In Tuntenhausen existiert ein Grundsatzbeschluss des Gemeinderates, welcher die aktive Suche der Kommune nach Mobilfunk- und Digitalfunkstandorten ablehnt. "Und selbstverständlich können wir Aßling auch keinen Funkmast aufzwingen", erklärt Tuntenhausens Geschäftsleiter Erik Thomas. Die vom Innenministerium beauftragten Firmen müssten ihre Aufträge daher alleine ausführen.

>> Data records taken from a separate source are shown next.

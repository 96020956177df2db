-- ===== src/Scheduler/Runtime/Flags.antt =====
-- What the scheduler's writes do to the state of a job: is it queued, is it running, and is a handler of
-- it abandoned (src/scheduler.ts).
use bfrost.Prelude.{
  String, Bool, true, false, Option, none, some, List, ◌≡◌, refl, get_or_else, lookup,
  lookup-insert_same, arith,
}
use bfrost.Platform.{Platform}
use bfrost.Runs.{RunTrigger, FinishInput}
use bfrost.Scheduler.Runtime.{
  Job, JobRuntime, SchedulerState, no_runtime, build_job_state, mark_job_queued, begin_job,
  persist_runtime, record_no_work_skipped_run, record_busy_skipped_run, start_scheduler_run_safe,
  finish_scheduler_run_safe,
}

-- The state that is saved of a job.
abbrev pub saved_of : String → SchedulerState → JobRuntime
saved_of name st = get_or_else (lookup name st.runtime_cache) no_runtime

pub derived_running :
    (name : String) (st : SchedulerState)
    → (saved_of name st).running ≡ true
    → (build_job_state name st).running ≡ true
unfolding build_job_state
derived_running name st e = ground (arith, e)

-- The two states have the same cache and the same abandoned handlers.
abbrev pub KeepsJobs : SchedulerState → SchedulerState → Type 0
KeepsJobs st after =
    (after.runtime_cache ≡ st.runtime_cache) × (after.abandoned_job_runs ≡ st.abandoned_job_runs)

-- The flags of a job after a write that leaves the abandoned handlers.
abbrev pub Flagged : String → Bool → Bool → SchedulerState → SchedulerState → Type 0
Flagged name queued running st after =
    ((saved_of name after).queued ≡ queued)
    × ((saved_of name after).running ≡ running)
    × (after.abandoned_job_runs ≡ st.abandoned_job_runs)

pub start-KeepsJobs :
    (p : Platform) (id : Option String) (job : Job) (trigger : RunTrigger) (at : String)
    (st : SchedulerState)
    → KeepsJobs st (start_scheduler_run_safe p id job trigger at st)
unfolding start_scheduler_run_safe
start-KeepsJobs p none job trigger at st = (refl, refl)
start-KeepsJobs p (some id) job trigger at st = (refl, refl)

pub finish-KeepsJobs :
    (p : Platform) (id : Option String) (input : FinishInput) (st : SchedulerState)
    → KeepsJobs st (finish_scheduler_run_safe p id input st)
unfolding finish_scheduler_run_safe
finish-KeepsJobs p none input st = (refl, refl)
finish-KeepsJobs p (some id) input st = (refl, refl)

pub record_busy-KeepsJobs :
    (p : Platform) (job : Job) (scheduled_at : Option String) (now : String) (id : Option String)
    (st : SchedulerState)
    → KeepsJobs st (record_busy_skipped_run p job scheduled_at now id st)
unfolding record_busy_skipped_run
record_busy-KeepsJobs p job scheduled_at now none st = (refl, refl)
record_busy-KeepsJobs p job scheduled_at now (some id) st = (refl, refl)

pub mark_job_queued-Flagged :
    (known : List String) (job : Job) (current : JobRuntime) (trigger : RunTrigger) (at : String)
    (st : SchedulerState)
    → Flagged job.name true false st (mark_job_queued known job current trigger at st)
unfolding mark_job_queued persist_runtime
mark_job_queued-Flagged known job current trigger at st = rw lookup-insert_same (refl, refl, refl)

pub begin_job-Flagged :
    (known : List String) (p : Platform) (job : Job) (trigger : RunTrigger) (at : String)
    (id : Option String) (st : SchedulerState)
    → Flagged job.name false true st (begin_job known p job trigger at id st)
unfolding begin_job persist_runtime start_scheduler_run_safe
begin_job-Flagged known p job trigger at none st = rw lookup-insert_same (refl, refl, refl)
begin_job-Flagged known p job trigger at (some id) st = rw lookup-insert_same (refl, refl, refl)

pub record_no_work-Flagged :
    (known : List String) (p : Platform) (job : Job) (now : String) (id : Option String)
    (st : SchedulerState)
    → Flagged job.name
        (saved_of job.name st).queued
        false
        st
        (record_no_work_skipped_run known p job now id st)
unfolding record_no_work_skipped_run persist_runtime start_scheduler_run_safe
    finish_scheduler_run_safe build_job_state
record_no_work-Flagged known p job now none st = rw lookup-insert_same (refl, refl, refl)
record_no_work-Flagged known p job now (some id) st = rw lookup-insert_same (refl, refl, refl)
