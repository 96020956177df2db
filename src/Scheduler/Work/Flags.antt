-- ===== src/Scheduler/Work/Flags.antt =====
-- What the steps of a run do to the state of its job (src/scheduler.ts).
use bfrost.Prelude.{
  ℕ, String, Bool, true, none, [], ◌∷◌, ◌≡◌, refl, includes-append, Option-cases, inl, inr, arith,
  eq_iff, ◌∙◌,
}
use bfrost.Runs.{RunAttempt}
use bfrost.Scheduler.Runtime.{SchedulerState, has_abandoned_run}
use bfrost.Scheduler.Runtime.Flags.{KeepsJobs, finish-KeepsJobs}
use bfrost.Scheduler.Work.{
  Work, Attempt, fail, retry_later, abandon_job, record_scheduler_run_attempt_safe, failed_attempt,
  failure_input,
}

-- The run where nothing else happens while its end is written.
abbrev pub alone : Work → Work
alone w = record w { while_waiting = λ wait st. st }

record_attempt-KeepsJobs :
    (w : Work) (attempt : RunAttempt) (st : SchedulerState)
    → KeepsJobs st (record_scheduler_run_attempt_safe w attempt st)
unfolding record_scheduler_run_attempt_safe
record_attempt-KeepsJobs w attempt st = elim (Option-cases w.run_id) [
  | inl e ↦ rw (record_scheduler_run_attempt_safe, e) (refl, refl)
  | inr (id, e) ↦ rw (record_scheduler_run_attempt_safe, e) (refl, refl)
]

pub retry_later-KeepsJobs :
    (w : Work) (number : ℕ) (a : Attempt) (message : String) (st : SchedulerState)
    → KeepsJobs st (retry_later (alone w) number a message st)
unfolding retry_later
retry_later-KeepsJobs w number a message st = record_attempt-KeepsJobs (alone w) _ st

-- A run that fails, while nothing else happens, leaves its job not running, and the abandoned handlers.
pub fail-abandoned :
    (w : Work) (number : ℕ) (a : Attempt) (skipped : Bool) (message : String) (st : SchedulerState)
    → (fail (alone w) number a skipped message st).abandoned_job_runs ≡ st.abandoned_job_runs
unfolding fail
fail-abandoned w number a skipped message st =
    let attempt = failed_attempt number a skipped message none in
    (finish-KeepsJobs w.platform w.run_id (failure_input a skipped message) _).1
    ∙ (record_attempt-KeepsJobs (alone w) attempt st).1

pub abandon_job-has :
    (name : String) (st : SchedulerState) → has_abandoned_run name (abandon_job name st) ≡ true
unfolding abandon_job has_abandoned_run
abandon_job-has name st =
    ground (arith, includes-append st.abandoned_job_runs (name ∷ []) name, eq_iff name name)

pub abandon_job-cache :
    (name : String) (st : SchedulerState) → (abandon_job name st).runtime_cache ≡ st.runtime_cache
unfolding abandon_job
abandon_job-cache name st = ground arith
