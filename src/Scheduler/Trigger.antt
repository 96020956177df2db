-- ===== src/Scheduler/Trigger.antt =====
-- The triggers of a job (src/scheduler.ts), up to the place where its execution is handed to the pool.
-- What the rest of the program does to the state while a trigger waits is an argument, as is the answer
-- of the worker's `hasWork`; the execution locks are those of src/scheduler-locks.ts.
pub mod Laws
mod Tests
use bfrost.Prelude.{
  ℕ, String, Bool, true, false, not, ◌||◌, Option, none, some, List, [], ◌∷◌, ◌++◌, get_or_else,
  concat_texts, if◌then◌else◌, ◌&&◌,
}
use bfrost.Platform.{Platform}
use bfrost.Locks.Execution.{LockRow, acquire_scheduler_execution_lock}
use bfrost.Runs.{RunTrigger, schedule, manual}
use bfrost.Scheduler.Runtime.{
  Job, JobRuntime, SchedulerState, JobEvent, build_job_state, mark_job_queued, record_event,
  record_no_work_skipped_run, record_busy_skipped_run,
}

-- What `hasWork` answers: the worker declares none, or it says whether work is ready, or it throws.
pub data WorkCheck : Type 0 where
  no_check ready not_ready check_failed : WorkCheck

-- How a trigger ends: another process has the slot, there is no work, the job is in the pool's queue,
-- or an error is thrown because it is queued or running already, or its worker is disabled.
pub data TriggerEnd : Type 0 where
  duplicate no_work_ready accepted busy disabled : TriggerEnd

-- A call of `runJob`, with what it reads and what happens while it waits.
pub record Call : Type 0 where
  pub known : List String
  pub platform : Platform
  pub text_lt : String → String → Bool
  pub pid : ℕ
  pub job : Job
  pub trigger : RunTrigger
  pub scheduled_at : Option String
  pub lock_already_acquired : Bool
  pub slot : String
  pub now : String
  pub run_id : Option String
  pub worker_enabled : Bool
  pub check : WorkCheck
  pub while_locking : SchedulerState → SchedulerState
  pub while_checking : SchedulerState → SchedulerState

pub is_schedule : RunTrigger → Bool
is_schedule schedule = true
is_schedule _ = false

is_manual : RunTrigger → Bool
is_manual manual = true
is_manual _ = false

unfoldable pub in_flight : String → SchedulerState → Bool
unfolding build_job_state
in_flight name st = let current = build_job_state name st in current.queued || current.running

pub scheduler_command_key : String → String
scheduler_command_key name = concat_texts ("job:" ∷ name ∷ [])

abbrev pub has_work_failed : Call → JobEvent
has_work_failed c = record {
  category = "scheduler";
  action = "has_work_failed";
  severity = some "warning";
  summary = concat_texts (c.job.label ∷ " eligibility check failed; running anyway." ∷ []);
  job = c.job.name;
}

pub should_run_job : Call → SchedulerState → Bool × SchedulerState
unfolding is_schedule
should_run_job c st = elim c.check [
  | no_check ↦ (true, st)
  | ready ↦ (true, c.while_checking st)
  | check_failed ↦ (true, record_event (has_work_failed c) (c.while_checking st))
  | not_ready ↦ (
    false,
    if is_schedule c.trigger
        then record_no_work_skipped_run c.known c.platform c.job c.now c.run_id
            (c.while_checking st)
        else c.while_checking st,
  )
]

-- A slot that finds its job in flight is recorded, and the trigger throws.
pub coalesce : Call → SchedulerState → TriggerEnd × SchedulerState
unfolding is_schedule
coalesce c st = (
  busy,
  if is_schedule c.trigger
      then record_busy_skipped_run c.platform c.job c.scheduled_at c.now c.run_id st
      else st,
)

-- The state is read again before the place in the queue is claimed.
pub claim : Call → SchedulerState → TriggerEnd × SchedulerState
unfolding in_flight coalesce
claim c st = if in_flight c.job.name st then coalesce c st else (
  accepted,
  mark_job_queued c.known c.job (build_job_state c.job.name st) c.trigger c.now st,
)

pub run_unlocked : Call → SchedulerState → TriggerEnd × SchedulerState
unfolding in_flight coalesce should_run_job claim is_manual
run_unlocked c st =
    if in_flight c.job.name st
    then coalesce c st
    else if not c.worker_enabled
    then (disabled, st)
    else if is_manual c.trigger
    then claim c st
    else let checked = should_run_job c st in
      if checked.0 then claim c checked.1 else (no_work_ready, checked.1)

-- The end of the trigger, the state, and the rows of the execution locks.
abbrev with_rows :
    List LockRow → TriggerEnd × SchedulerState → TriggerEnd × SchedulerState × List LockRow
with_rows rows r = (r.0, r.1, rows)

abbrev pub lock_slot : Call → List LockRow → Bool × List LockRow
lock_slot c rows =
    acquire_scheduler_execution_lock c.platform c.text_lt c.now c.pid
      (record {
        command_key = scheduler_command_key c.job.name;
        scheduled_at = get_or_else c.scheduled_at c.slot;
      })
      rows

abbrev pub needs_lock : Call → Bool
needs_lock c = is_schedule c.trigger && not c.lock_already_acquired

pub run_job : Call → SchedulerState → List LockRow → TriggerEnd × SchedulerState × List LockRow
unfolding run_unlocked
run_job c st rows =
    let lock = lock_slot c rows in
    if not (needs_lock c)
    then with_rows rows (run_unlocked c (c.while_locking st))
    else if lock.0
    then with_rows lock.1 (run_unlocked c (c.while_locking st))
    else (duplicate, st, lock.1)

-- The trigger of the dashboard and of the chat: neither a lock nor a look for work.
pub trigger_job_now : Call → SchedulerState → TriggerEnd × SchedulerState
unfolding in_flight
trigger_job_now c st =
    let read = c.while_locking st in
    if in_flight c.job.name read
    then (busy, read)
    else if not c.worker_enabled
    then (disabled, read)
    else (
      accepted,
      mark_job_queued c.known c.job (build_job_state c.job.name read) manual c.now read,
    )
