-- ===== src/Bindings/Start.antt =====
-- `start` of a query as Lua calls it, src/lua/LuaIQuery.cpp, with `buildQueryData` of LuaQuery.cpp,
-- LuaPreparedQuery.cpp and LuaTransaction.cpp. The Lua state is a parameter.
pub mod Balance
use my_sqloo.Base.{ℕ, Bool, String, List, []}
use my_sqloo.Callbacks.{reference_callbacks}
use my_sqloo.Creation.{build_query_data, build_prepared_data}
use my_sqloo.IQuery.{start, set_query}
use my_sqloo.LuaTransaction.Queries.{LuaTransaction, build_lua_data}
use my_sqloo.Objects.{
  query_kind, prepared_kind, transaction_kind, ping_kind, query_complete, Kind, IQueryData, State,
}
use my_sqloo.QueryData.{set_data}

module _ {World : Type 0} where
  -- The data of the class of the query. Lua has no object for a ping.
  unfoldable pub build_data : Kind → LuaTransaction → ℕ → State World → IQueryData × State World
  build_data query_kind t query s = (record build_query_data { status = query_complete }, s)
  build_data prepared_kind t query s =
      let (v, q) = build_prepared_data (s.queries query) in (v, set_query query q s)
  build_data transaction_kind t query s = build_lua_data t s
  build_data ping_kind t query s = (build_query_data, s)

  module _ {Lua : Type 0} (reference_create : Lua → ℕ × Lua)
      (is_function : String → Lua → Bool) where
    -- `d` is the address of the new data.
    unfoldable pub lua_start : LuaTransaction → ℕ → ℕ → State World × Lua → State World × Lua
    lua_start t query d (s, lua) =
        let (v, s') = build_data (s.queries query).kind t query s in
        let (v', lua') = reference_callbacks reference_create is_function v lua in
        (start query d (set_data d v' s'), lua')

Die "Projektgruppe DigiNet" wurde 2006 vom Bayerischen Innenministerium gegründet, um die Einführung des Digitalfunks zu realisieren. Ihr gehören unter anderem auch Vertreter von Polizei, Feuerwehr und Rettungsdienst an. Pressesprecher Markus Dengler bestätigt auf Nachfrage die schwierige Standortsuche für einen Funkmast im Bereich Tuntenhausen. "Wir haben dort insgesamt 16 mögliche Standorte untersucht. Es konnte jedoch mit keinem der Grundstückseigentümer ein Mietvertrag geschlossen werden." Dieses Problem habe man im Landkreis Rosenheim in vielen Gemeinden gehabt und daher im Juli 2012 mit einem neuen Konzept nach alternativen Standorten suchen müssen, um eine vollständige Funkversorgung aller Orte sicherstellen zu können. "Ein solcher Sendemast muss eben dort stehen, wo er taktisch Sinn macht und alle Ortsteile abdeckt. Und das sind nun einmal Flächen in Wohnsiedlungen beziehungsweise deren direkter Umgebung." So sei Aßling nach erneuter Überprüfung doch als möglicher Standort in den Fokus der telent GmbH gerückt.